Monday, November 30, 2009

The Hungry Tide

I finished “Hungry Tide” in the morning today.
This is not intended to be an extended book review. I was not underlining passages and never paused to ruminate over the motifs and themes – and simply, I do not have the stature to do so.
In this plethora of so much self-indulgent fare, and I include the Banvilles and Rushdies partly here, it is wonderful to have a writer like Amitava Ghosh. HT reveals the story of the Sunderbans from the eyes of so many stakeholders – a foreign ecologist, the fishermen who know every creek and shallow of it and believe in the miracles of the guardian of the forest Bon Bibi, the idealist revolutionary, the pragmatic wife who builds an institution, the cynical townsman, a community of the displaced, the long-dead Englishmen who came to conquer the tides – and reveals it in songs, poems, massacres, typhoons, history, legends. It is amazing how each of these narratives stands distinct – only an utmost humility and complete detachment of the self from the message could have made this possible. The story gives the bans the immortality it deserves – and the author never aims to bask in it; he’s merely the translator.
Wrapped as I was in the beautiful descriptions – the mohanas literally alive in my imagination – I wondered if the story of the men is not merely a wrapping around the store of the tide country. Of all the characters, Kanai, on whom every alternative chapter in the first quarter of the book is focused, stood as a weak link – his motives, other than those of sexual conquests, nebulous; the man himself half-sketched. In sharp contrast, Piya and Fokir were as flesh and blood as Lusibari itself.
That concern was answered in, from the point of view of the story of these men, the most magnificent chapter when Kanai is briefly left on an island – to be judged by the Bon Bibi. It is one of the most brilliant chapters I have read recently – the sudden juxtaposition of two prominent characters who till now have stood at the opposite ends of personalities, beliefs and motives, drifting in a silent vigil at the ends of a boat, alone. It strangely reminded me of the genius of a climax from “Hazaaron Khwaaishein Aisi” where a city-bred cynic is suddenly pushed into a context where, as the book describes, all words drown and only the primal fear and incomprehension suffuses the man.
This one climax was enough to ensure the book’s greatness but Amitava follows it with another equally brilliant one when Kanai and Piya cling to a tree to ride out nature’s most volatile fury.

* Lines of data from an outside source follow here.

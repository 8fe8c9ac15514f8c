-- ===== src/Server/Reads.antt =====
-- What a read of the server does, and to whom (`readOneWithFlags` of internal/server/server.go).
use opx.Prelude.{
  ◌≡◌, refl, ap, ◌∙◌, Bool, true, false, Option, none, some, List, Bool-cases, inl, inr,
}
use opx.Prelude.Int.{ℤ, pos, ◌+ℤ◌, ◌≤ℤ◌, ltb_ℤ}
use opx.Prelude.Bytes.{Bytes}
use opx.Cache.{
  Cache, Found, get, set_value, inc_hit, inc_miss, inc_in_flight, dec_in_flight, peek, read,
}
use opx.Cache.Ownership.{IsValid}
use opx.Cache.Refinement.{get-set_value}
use opx.Policy.{allowed}
use opx.Security.{PeerInfo}
use opx.Audit.Events.{AuditEvent}
use opx.Backend.{ok, err, access_denied, Error}
use opx.Daemon.{Daemon}
use opx.Server.{
  Server, Clock, subject_of, cache_key, from_cache_response, fresh_response, on_cache,
  validate_access, check_access, store_result, fly_found, fly, leaving, read_found, read_granted,
  read_one_with_flags, log_event,
}

pub get-dec_in_flight :
    (c : Cache) (key : Bytes) (now : ℤ) → get (dec_in_flight c) key now ≡ get c key now
unfolding get peek read dec_in_flight
get-dec_in_flight c key now = elim (Bool-cases (ltb_ℤ (pos 0) c.inflight)) [
  | inl q ↦ rw q refl
  | inr q ↦ rw q refl
]

module _ {E : Type 0} where
  log_event-keeps :
      (e : Option AuditEvent) (d : Daemon E)
      → ((log_event e d).world ≡ d.world) × ((log_event e d).session ≡ d.session)
  unfolding log_event
  log_event-keeps none d = (refl, refl)
  log_event-keeps (some e) d = (refl, refl)

  -- What the check says: without a peer, that the read is allowed.
  unfoldable pub answer : Server E → Option PeerInfo → Bytes → Bool
  answer s none ref = true
  answer s (some peer) ref = allowed s.sha256 s.policy (subject_of peer) ref

  -- The daemon after the check.
  pub check_access_lem :
      (s : Server E) (peer : Option PeerInfo) (ref : Bytes) (now : ℤ) (d : Daemon E)
      → let r = check_access s peer ref now d in
        (r.0 ≡ answer s peer ref) × (r.1.world ≡ d.world) × (r.1.session ≡ d.session)
  unfolding check_access validate_access answer
  check_access_lem s none ref now d = (refl, refl, refl)
  check_access_lem s (some peer) ref now d = let (w, m) = log_event-keeps _ d in (refl, w, m)

module _ {E : Type 0} (s : Server E) (peer : Option PeerInfo) (ref : Bytes) (flags : List Bytes)
    (t : Clock) where
  refused_by :
      (r : Bool × Daemon E) → r.0 ≡ false → read_granted s ref flags t r ≡ (err access_denied, r.1)
  unfolding read_granted
  refused_by (false, d) h = refl
  refused_by (true, d) h = cc

  granted_by :
      (r : Bool × Daemon E)
      → r.0 ≡ true
      → read_granted s ref flags t r
        ≡ read_found s
            (cache_key ref flags)
            ref
            flags
            t
            r.1
            (get r.1.world.cache (cache_key ref flags) t.looked_up)
  unfolding read_granted
  granted_by (false, d) h = cc
  granted_by (true, d) h = refl

  -- A peer whom the policy refuses gets an error, and the cache, the system outside and the session
  -- stay as they are.
  pub read_denied :
      (d : Daemon E)
      → answer s peer ref ≡ false
      → let r = read_one_with_flags s peer ref flags t d in
        (r.0 ≡ err access_denied) × (r.1.world ≡ d.world) × (r.1.session ≡ d.session)
  unfolding read_one_with_flags
  read_denied d h =
      let (a, w, m) = check_access_lem s peer ref t.decided d in
      rw (refused_by (check_access s peer ref t.decided d) (a ∙ h)) (refl, w, m)

  granted :
      (d : Daemon E)
      → answer s peer ref ≡ true
      → let d1 = (check_access s peer ref t.decided d).1 in
        read_one_with_flags s peer ref flags t d
        ≡ read_found s
            (cache_key ref flags)
            ref
            flags
            t
            d1
            (get d.world.cache (cache_key ref flags) t.looked_up)
  unfolding read_one_with_flags
  granted d h =
      let (a, w, m) = check_access_lem s peer ref t.decided d in
      let d1 = (check_access s peer ref t.decided d).1 in
      granted_by (check_access s peer ref t.decided d) (a ∙ h)
      ∙ ap
          (λ w.
            read_found s (cache_key ref flags) ref flags t d1
              (get w.cache (cache_key ref flags) t.looked_up))
          w

  -- A read that is allowed, and whose key the cache finds, is answered from the cache: the backend
  -- is not called, and only the count of the hits and the audit log change.
  pub read_hit :
      (d : Daemon E) (r : Found)
      → answer s peer ref ≡ true
      → get d.world.cache (cache_key ref flags) t.looked_up ≡ some r
      → let out = read_one_with_flags s peer ref flags t d in
        (out.0 ≡ ok (from_cache_response ref t.answered r))
        × (out.1.world ≡ record d.world { cache = inc_hit d.world.cache })
        × (out.1.session ≡ d.session)
  unfolding read_found on_cache
  read_hit d r h g =
      let (a, w, m) = check_access_lem s peer ref t.decided d in
      rw (granted d h, g) (refl, (λ i. record (w i) { cache = inc_hit (w i).cache }), m)

  -- The daemon on the way to the backend.
  abbrev pub entered : Daemon E → Daemon E
  entered d = on_cache (λ c. inc_in_flight (inc_miss c)) (check_access s peer ref t.decided d).1

  pub missed :
      (d : Daemon E)
      → answer s peer ref ≡ true
      → get d.world.cache (cache_key ref flags) t.looked_up ≡ none
      → read_one_with_flags s peer ref flags t d
        ≡ leaving (fly s (cache_key ref flags) ref flags t (entered d))
  unfolding read_found
  missed d h g = rw (granted d h, g) refl

  get-entered :
      (d : Daemon E) (key : Bytes) (now : ℤ)
      → get (entered d).world.cache key now ≡ get d.world.cache key now
  unfolding get peek read on_cache inc_in_flight inc_miss
  get-entered d key now =
      let (a, w, m) = check_access_lem s peer ref t.decided d in (λ i. get (w i).cache key now)

  sent :
      (d : Daemon E)
      → answer s peer ref ≡ true
      → get d.world.cache (cache_key ref flags) t.looked_up ≡ none
      → get d.world.cache (cache_key ref flags) t.looked_again ≡ none
      → read_one_with_flags s peer ref flags t d
        ≡ leaving (
            store_result
              (cache_key ref flags)
              ref
              t
              (s.backend.read_ref_with_flags ref flags t.called (entered d)))
  unfolding fly fly_found
  sent d h g g' = missed d h g ∙ rw (get-entered d (cache_key ref flags) t.looked_again, g') refl

  -- A read that is allowed, and that the cache does not answer, asks the backend. What the backend
  -- gives is the answer, and from then on the cache has it until its time to live is over, if the
  -- cache that the backend leaves is valid.
  pub read_stores :
      (d d' : Daemon E) (v : Bytes) (later : ℤ)
      → answer s peer ref ≡ true
      → get d.world.cache (cache_key ref flags) t.looked_up ≡ none
      → get d.world.cache (cache_key ref flags) t.looked_again ≡ none
      → s.backend.read_ref_with_flags ref flags t.called (entered d) ≡ (ok v, d')
      → IsValid d'.world.cache
      → later ≤ℤ t.stored +ℤ d'.world.cache.ttl
      → let out = read_one_with_flags s peer ref flags t d in
        (out.0 ≡ ok (fresh_response ref v d'.world.cache.ttl t.resolved))
        × (get out.1.world.cache (cache_key ref flags) later
            ≡ some (v, t.stored +ℤ d'.world.cache.ttl, t.stored_again))
  unfolding leaving store_result on_cache set_value
  read_stores d d' v later h g g' e valid within =
      rw (sent d h g g', e)
        (
          refl,
          get-dec_in_flight
                (set_value d'.world.cache (cache_key ref flags) v t.stored t.stored_again)
                (cache_key ref flags) later
              ∙ get-set_value d'.world.cache (cache_key ref flags) v t.stored t.stored_again later
                  valid within,
        )

  -- Where the backend fails, its error is the answer, and nothing is stored.
  pub read_fails :
      (d d' : Daemon E) (e : Error)
      → answer s peer ref ≡ true
      → get d.world.cache (cache_key ref flags) t.looked_up ≡ none
      → get d.world.cache (cache_key ref flags) t.looked_again ≡ none
      → s.backend.read_ref_with_flags ref flags t.called (entered d) ≡ (err e, d')
      → read_one_with_flags s peer ref flags t d ≡ (err e, on_cache dec_in_flight d')
  unfolding leaving store_result on_cache
  read_fails d d' e h g g' q = rw (sent d h g g', q) refl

Read Hungry Tide. Read it slowly. Savour it. And you’ll fall in love with the tide country – like I did.

4 comments:

Tangled up in blue... said...

You know, I never made up my mind about Amitav Ghosh. First, I read The Glass Palace and cudnt decide if I liked the book or not.

There were moments when I cud see flashes of brilliance, especially in the latter half of the book. But it felt so badly edited.

And anthrax? That part felt like he'd copy-pasted it off of a google link.

You may, of course, have no idea what I'm talking about, but the book really strikes a false note at times.

And then, I read The Shadow Lines and I liked a whole lot more. I love the idea of how people across space and time are linked by tenuous invisible threads.

Well, anyway, I havent read this book. But thank you for giving me a reason to go seek it out.

And I think your blog is very interesting. More spicy than bland.

Tangled up in blue... said...

Ooh and I have an answer to that question, too.

How do you pronounce the 'g' in bologna?

Gee, I dont know.

;)

Cya!

Bland Spice said...

funny. i also had read only the glass palace and had a similar doubt.

a year back, i read "dancing in cambodia" and then my view changed.

tho' i still feel ghosh is still more of a naturalist/anthropologist than a fiction writer.

Pankaj said...

I love how you describe the final scene of Hazaron Khwaishen....After all these years of having seen it, its the first time ive seen how i felt about it put in words.